Start of Data records

-- ===== src/Base/Ascii.antt =====
-- Texts as the codes of their characters: the bytes of a text that is ASCII.
use Prim.Native.Char.{Char, char, code, IsScalar, nul}
use Prim.Native.Nat.{ℕ, ◌<◌}
use Prim.Native.String.{String}
use mathlib.Core.Path.{◌≡◌, refl}
use mathlib.Core.List.{List, [], ◌∷◌}
use native.Mathlib.Omega.{arith}
use native.Mathlib.Decide.{dec_lt}
use policy_manager.Base.Lists.{All}

unfoldable pub codes : String → List ℕ
codes String.[] = []
codes (String.◌∷◌ c s) = code c ∷ codes s

ascii_scalar : (n : ℕ) → n < 128 → IsScalar n
ascii_scalar n h = ground arith

-- The character of an ASCII code.
ascii_of : (n : ℕ) → Dec (n < 128) → Char
unfolding ascii_scalar
ascii_of n (yes h) = char n (ascii_scalar n h)
ascii_of n (no h) = nul

ascii : ℕ → Char
unfolding ascii_of dec_lt
ascii n = ascii_of n (dec_lt n 128)

unfoldable pub text_of : List ℕ → String
unfolding ascii
text_of [] = ""
text_of (n ∷ ns) = String.◌∷◌ (ascii n) (text_of ns)

code-ascii_of : (n : ℕ) (d : Dec (n < 128)) → n < 128 → code (ascii_of n d) ≡ n
unfolding ascii_of
code-ascii_of n (yes p) h = refl
code-ascii_of n (no p) h = absurd (p h)

pub codes-text_of : (ns : List ℕ) → All (λ n. n < 128) ns → codes (text_of ns) ≡ ns
unfolding codes text_of ascii
codes-text_of [] h = refl
codes-text_of (n ∷ ns) h = λ i. code-ascii_of n (dec_lt n 128) h.0 i ∷ codes-text_of ns h.1 i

End of Data records

◆ What you have to do
Copy the records above exactly, starting at the line that contains "ascii_of n (no h) = nul" and ending at the last line, and leave out all earlier lines.

◆ Response below
ascii_of n (no h) = nul

ascii : ℕ → Char
unfolding ascii_of dec_lt
ascii n = ascii_of n (dec_lt n 128)

unfoldable pub text_of : List ℕ → String
unfolding ascii
text_of [] = ""
text_of (n ∷ ns) = String.◌∷◌ (ascii n) (text_of ns)

code-ascii_of : (n : ℕ) (d : Dec (n < 128)) → n < 128 → code (ascii_of n d) ≡ n
unfolding ascii_of
code-ascii_of n (yes p) h = refl
code-ascii_of n (no p) h = absurd (p h)

pub codes-text_of : (ns : List ℕ) → All (λ n. n < 128) ns → codes (text_of ns) ≡ ns
unfolding codes text_of ascii
codes-text_of [] h = refl
codes-text_of (n ∷ ns) h = λ i. code-ascii_of n (dec_lt n 128) h.0 i ∷ codes-text_of ns h.1 i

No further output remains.